The evidence so far is very weak to support or recommend fermented foods for weight loss. These experimental studies have been short in length, and many did not report weight changes
Fermented foods have become popular in recent years, partly due to their perceived health benefits.
For instance, there is some evidence eating or drinking fermented foods can improve blood glucose control in people with diabetes. They can lower blood lipid (fats) levels and blood pressure in people with diabetes or obesity. Fermented foods can also improve diarrhoea symptoms.
But can they help you lose weight, as a recent study suggests? Let’s look at the evidence.
Fermented foods are ones prepared when microbes (bacteria and/or yeast) ferment (or digest) food components to form new foods. Examples include yoghurt, cheese, kefir, kombucha, wine, beer, sauerkraut and kimchi.
As a result of fermentation, the food becomes acidic, extending its shelf life (food-spoilage microbes are less likely to grow under these conditions). This makes fermentation one of the earliest forms of food processing.

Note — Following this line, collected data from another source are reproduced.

module _ (env : Env) (id : DownloadId) (v : String) (o : Outside) where
  -- What an attempt on any volume leaves to wait, and what one on the stuck volume does.
  abbrev Left : Coordinator → ExtractAttempt × Coordinator → Type 0
  Left c (attempt, c') = c'.pending_first_volumes ≡ c.pending_first_volumes

  collect_passwords-Gives : Gives Anything (collect_passwords env id o)
  unfolding collect_passwords
  collect_passwords-Gives =
      Gives-bind Anything Anything (catch (get_cached_password env id) pure (λ _. pure none)) _
        (catch-Gives Anything (get_cached_password env id) pure (λ _. pure none) (λ _ w p. tt)
          (λ _ w p. tt))
        (λ _ _ w p. tt)

  classify-Left :
      (filename : String) (c : Coordinator) (r : Result (List String × String))
      → Gives (Left c) (classify env id o filename c r)
  unfolding classify emit_event keep_extracted
  classify-Left filename c (ok (files, password)) =
      Gives-bind Anything (Left c) (ignore (set_correct_password env id password)) _
        (ignore-Gives _) (λ _ _ w p. refl)
  classify-Left filename c (err e) = λ w p. refl

  try_extract-Left :
      (filename : String) (c : Coordinator) → Gives (Left c) (try_extract env id o filename c)
  unfolding try_extract emit_event
  try_extract-Left filename c =
      if-Gives (Left c) (not (o.exists filename)) (pure (failed, c)) _ (λ w p. refl)
        (λ w p.
          Gives-bind Anything (Left c) (collect_passwords env id o) _ collect_passwords-Gives
            (λ passwords _. classify-Left filename c (o.extract_archive passwords filename)) _ tt)

  abbrev IsNotReady : ExtractAttempt × Coordinator → Type 0
  IsNotReady (attempt, c) = attempt ≡ volume_not_ready

  classify-IsNotReady :
      (c : Coordinator) (r : Result (List String × String))
      → (e : Error) × (r ≡ err e) × (is_volume_not_ready_error (o.error_text e) ≡ true)
      → Gives IsNotReady (classify env id o v c r)
  unfolding classify
  classify-IsNotReady c r (e, y, z) w p = rw (y, z) refl

  try_extract-IsNotReady :
      (c : Coordinator) → IsStuck v o → Gives IsNotReady (try_extract env id o v c)
  unfolding try_extract emit_event
  try_extract-IsNotReady c (x, stuck) w p = rw x (
      Gives-bind Anything IsNotReady (collect_passwords env id o) _ collect_passwords-Gives
        (λ passwords _. classify-IsNotReady c _ (stuck passwords)) _ tt)

  IsAmong-append-left : (xs ys : List String) → IsAmong v xs → IsAmong v (xs ++ ys)
  IsAmong-append-left [] ys h = absurd h
  IsAmong-append-left (x ∷ xs) ys (inl e) = inl e
  IsAmong-append-left (x ∷ xs) ys (inr h) = inr (IsAmong-append-left xs ys h)

  IsAmong-last : (xs : List String) → IsAmong v (xs ++ v ∷ [])
  IsAmong-last [] = inl refl
  IsAmong-last (x ∷ xs) = inr (IsAmong-last xs)

  keep-Waits :
      (filename : String) (c : Coordinator) (t : ExtractAttempt × Coordinator)
      → Left c t
      → Waits v c
      → Waits v (keep_if_not_ready env id o filename t)
  unfolding keep_if_not_ready
  keep-Waits filename c (success, c') e h = subst (IsAmong v) (sym e) h
  keep-Waits filename c (failed, c') e h = subst (IsAmong v) (sym e) h
  keep-Waits filename c (volume_not_ready, c') e h =
      IsAmong-append-left c'.pending_first_volumes (filename ∷ []) (subst (IsAmong v) (sym e) h)

  keep-last :
      (t : ExtractAttempt × Coordinator) → IsNotReady t → Waits v (keep_if_not_ready env id o v t)
  unfolding keep_if_not_ready
  keep-last (success, c) e = absurd (ground (arith, e))
  keep-last (failed, c) e = absurd (ground (arith, e))
  keep-last (volume_not_ready, c) e = IsAmong-last c.pending_first_volumes

  -- The volume waits among those to be tried, or waits again.
  retry_volumes-Waits :
      (volumes : List String) (c : Coordinator)
      → IsStuck v o
      → IsAmong v volumes ⊎ Waits v c
      → Gives (Waits v) (retry_volumes env id o volumes c)
  unfolding retry_volumes
  retry_volumes-Waits [] c s (inl h) = absurd h
  retry_volumes-Waits [] c s (inr h) = λ w p. h
  retry_volumes-Waits (x ∷ volumes) c s (inl (inl e)) =
      Gives-bind IsNotReady (Waits v) _ _
        (subst (λ y. Gives IsNotReady (try_extract env id o y c)) (sym e)
          (try_extract-IsNotReady c s))
        λ t n.
          retry_volumes-Waits volumes _ s
            (inr (subst (λ y. Waits v (keep_if_not_ready env id o y t)) (sym e) (keep-last t n)))
  retry_volumes-Waits (x ∷ volumes) c s (inl (inr h)) =
      Gives-bind (Left c) (Waits v) _ _ (try_extract-Left x c)
        (λ t e. retry_volumes-Waits volumes _ s (inl h))
  retry_volumes-Waits (x ∷ volumes) c s (inr h) =
      Gives-bind (Left c) (Waits v) _ _ (try_extract-Left x c)
        (λ t e. retry_volumes-Waits volumes _ s (inr (keep-Waits x c t e h)))

  -- The renaming has no part in it.
  rename_to-any :
      (i : ℕ) (f : String) (n : Option String) → Gives Anything (rename_to env id o i f n)
  unfolding rename_to emit_event
  rename_to-any i f none = λ w p. tt
  rename_to-any i f (some n) =
      if-Gives Anything (str_eq n f || not (o.rename_on_disk f n)) (pure tt) _ (λ w p. tt)
        (Gives-bind Anything Anything (ignore (rename_download_file env id i n))
          (λ _. emit_event (Event.direct_renamed id f n))
          (ignore-Gives (rename_download_file env id i n)) (λ _ _ w p. tt))

  try_rename_file-any :
      (c : Coordinator) (i : ℕ) (f : String) → Gives Anything (try_rename_file env id o c i f)
  unfolding try_rename_file
  try_rename_file-any c i f = rename_to-any i f (new_name_of env id o c f)

  rename_each-any :
      (c : Coordinator) (files : List DownloadFile) → Gives Anything (rename_each env id o c files)
  unfolding rename_each
  rename_each-any c [] = λ w p. tt
  rename_each-any c (f ∷ files) =
      let renames =
        any (λ i. i == f.file_index) c.processed_indices && not (is_par2_name f.filename) in
      Gives-bind Anything Anything
        (if renames then try_rename_file env id o c f.file_index f.filename else pure tt)
        (λ _. rename_each env id o c files)
        (if-Gives Anything
          (any (λ i. i == f.file_index) c.processed_indices && not (is_par2_name f.filename))
          (try_rename_file env id o c f.file_index f.filename) (pure tt)
          (try_rename_file-any c f.file_index f.filename) (λ w p. tt))
        (λ _ _. rename_each-any c files)

  retroactive_rename-any : (c : Coordinator) → Gives Anything (retroactive_rename env id o c)
  unfolding retroactive_rename
  retroactive_rename-any c =
      catch-Gives Anything (get_download_files env id) (rename_each env id o c) (λ _. pure tt)
        (rename_each-any c) (λ _ w p. tt)

  load_entries-Waits :
      (c : Coordinator) (r : Result (List (String × String)))
      → Waits v c
      → Gives (Waits v) (load_entries env id o c r)
  unfolding load_entries
  load_entries-Waits c (ok entries) h =
      let loaded : Coordinator = record c {
        hash_to_name = entries ++ c.hash_to_name;
        metadata_loaded = true;
      } in
      Gives-bind Anything (Waits v) (retroactive_rename env id o loaded) (λ _. pure loaded)
        (retroactive_rename-any loaded) (λ _ _ w p. h)
  load_entries-Waits c (err e) h = λ w p. h

  handle_par2-Waits :
      (b : Bool) (f : DownloadFile) (c : Coordinator)
      → Waits v c
      → Gives (Waits v) (handle_par2 env id o b f c)
  unfolding handle_par2
  handle_par2-Waits b f c h =
      if-Gives (Waits v) (b && is_par2_name f.filename)
        (load_entries env id o c (o.parse_par2_file_entries f.filename)) (pure c)
        (load_entries-Waits c _ h) (λ w p. h)

  handle_rename-any :
      (b : Bool) (f : DownloadFile) (c : Coordinator)
      → Gives Anything (handle_rename env id o b f c)
  unfolding handle_rename
  handle_rename-any b f c =
      if-Gives Anything (b && (c.metadata_loaded && not (is_par2_name f.filename)))
        (try_rename_file env id o c f.file_index f.filename) (pure tt)
        (try_rename_file-any c f.file_index f.filename) (λ w p. tt)

  current_filename-any : (i : ℕ) (f : String) → Gives Anything (current_filename env id o i f)
  unfolding current_filename
  current_filename-any i f =
      catch-Gives Anything (get_download_files env id)
        (λ files. pure (filename_in env id o i f files)) (λ _. pure f) (λ _ w p. tt) (λ _ w p. tt)

  extract_if_first-Waits :
      (filename : String) (c : Coordinator)
      → Waits v c
      → Gives (Waits v) (extract_if_first env id o filename c)
  unfolding extract_if_first
  extract_if_first-Waits filename c h =
      if-Gives (Waits v) (o.is_first_rar_volume filename) _ (pure c)
        (Gives-bind (Left c) (Waits v) _ _ (try_extract-Left filename c)
          (λ t e w p. keep-Waits filename c t e h))
        (λ w p. h)

  process_new-Waits :
      (b : Bool) (f : DownloadFile) (c : Coordinator)
      → Waits v c
      → Gives (Waits v) (process_new env id o b f c)
  unfolding process_new emit_event
  process_new-Waits b f c h =
      let marked : Coordinator = record c {
        processed_indices = f.file_index ∷ c.processed_indices;
      } in
      let rest : Coordinator → M Coordinator = λ c'. (do
        handle_rename env id o b f c'
        filename ← current_filename env id o f.file_index f.filename
        extract_if_first env id o filename c') in
      Gives-bind Anything (Waits v) (ignore (mark_file_completed env id f.file_index))
        (λ _. do
          emit_event (Event.file_completed id f.file_index f.filename)
          c' ← handle_par2 env id o b f marked
          rest c')
        (ignore-Gives (mark_file_completed env id f.file_index))
        λ _ _ w p.
          Gives-bind (Waits v) (Waits v) (handle_par2 env id o b f marked) rest
            (handle_par2-Waits b f marked h)
            (λ c' k.
              Gives-bind Anything (Waits v) (handle_rename env id o b f c')
                (λ _. do
                  filename ← current_filename env id o f.file_index f.filename
                  extract_if_first env id o filename c')
                (handle_rename-any b f c')
                λ _ _.
                  Gives-bind Anything (Waits v) (current_filename env id o f.file_index f.filename)
                    (λ filename. extract_if_first env id o filename c')
                    (current_filename-any f.file_index f.filename)
                    (λ filename _. extract_if_first-Waits filename c' k))
            _ tt

  process_files-Waits :
      (b : Bool) (files : List DownloadFile) (c : Coordinator)
      → Waits v c
      → Gives (Waits v) (process_files env id o b files c)
  unfolding process_files process_file
  process_files-Waits b [] c h = λ w p. h
  process_files-Waits b (f ∷ files) c h =
      Gives-bind (Waits v) (Waits v) _ _
        (if-Gives (Waits v) (any (λ i. i == f.file_index) c.processed_indices) (pure c)
          (process_new env id o b f c) (λ w p. h) (process_new-Waits b f c h))
        (process_files-Waits b files)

Fermentation also leads to new nutrients being made. Beneficial microbes (probiotics) digest nutrients and components in the food to produce new bioactive components (postbiotics). These postbiotics are thought to contribute to the health benefits of the fermented foods, alongside the health benefits of the bacteria themselves.
A study published last week has provided some preliminary evidence eating kimchi — the popular Korean fermented food — is associated with a lower risk of obesity in some instances. But there were mixed results.
The South Korean study involved 115,726 men and women aged 40-69 who reported how much kimchi they’d eaten over the previous year. The study was funded by the World Institute of Kimchi, which specialises in researching the country’s national dish.
Eating one to three servings of any type of kimchi a day was associated with a lower risk of obesity in men.
Men who ate more than three serves a day of cabbage kimchi (baechu) were less likely to have obesity and abdominal obesity (excess fat deposits around their middle). And women who ate two to three serves a day of baechu were less likely to have obesity and abdominal obesity.
Eating more radish kimchi (kkakdugi) was associated with less abdominal obesity in both men and women.
However, people who ate five or more serves of any type of kimchi weighed more, had a larger waist sizes and were more likely to be obese.
The study had limitations. The authors acknowledged the questionnaire they used may make it difficult to say exactly how much kimchi people actually ate.
The study also relied on people to report past eating habits. This may make it hard for them to accurately recall what they ate.
This study design can also only tell us if something is linked (kimchi and obesity), not if one thing causes another (if kimchi causes weight loss). So it is important to look at experimental studies where researchers make changes to people’s diets then look at the results.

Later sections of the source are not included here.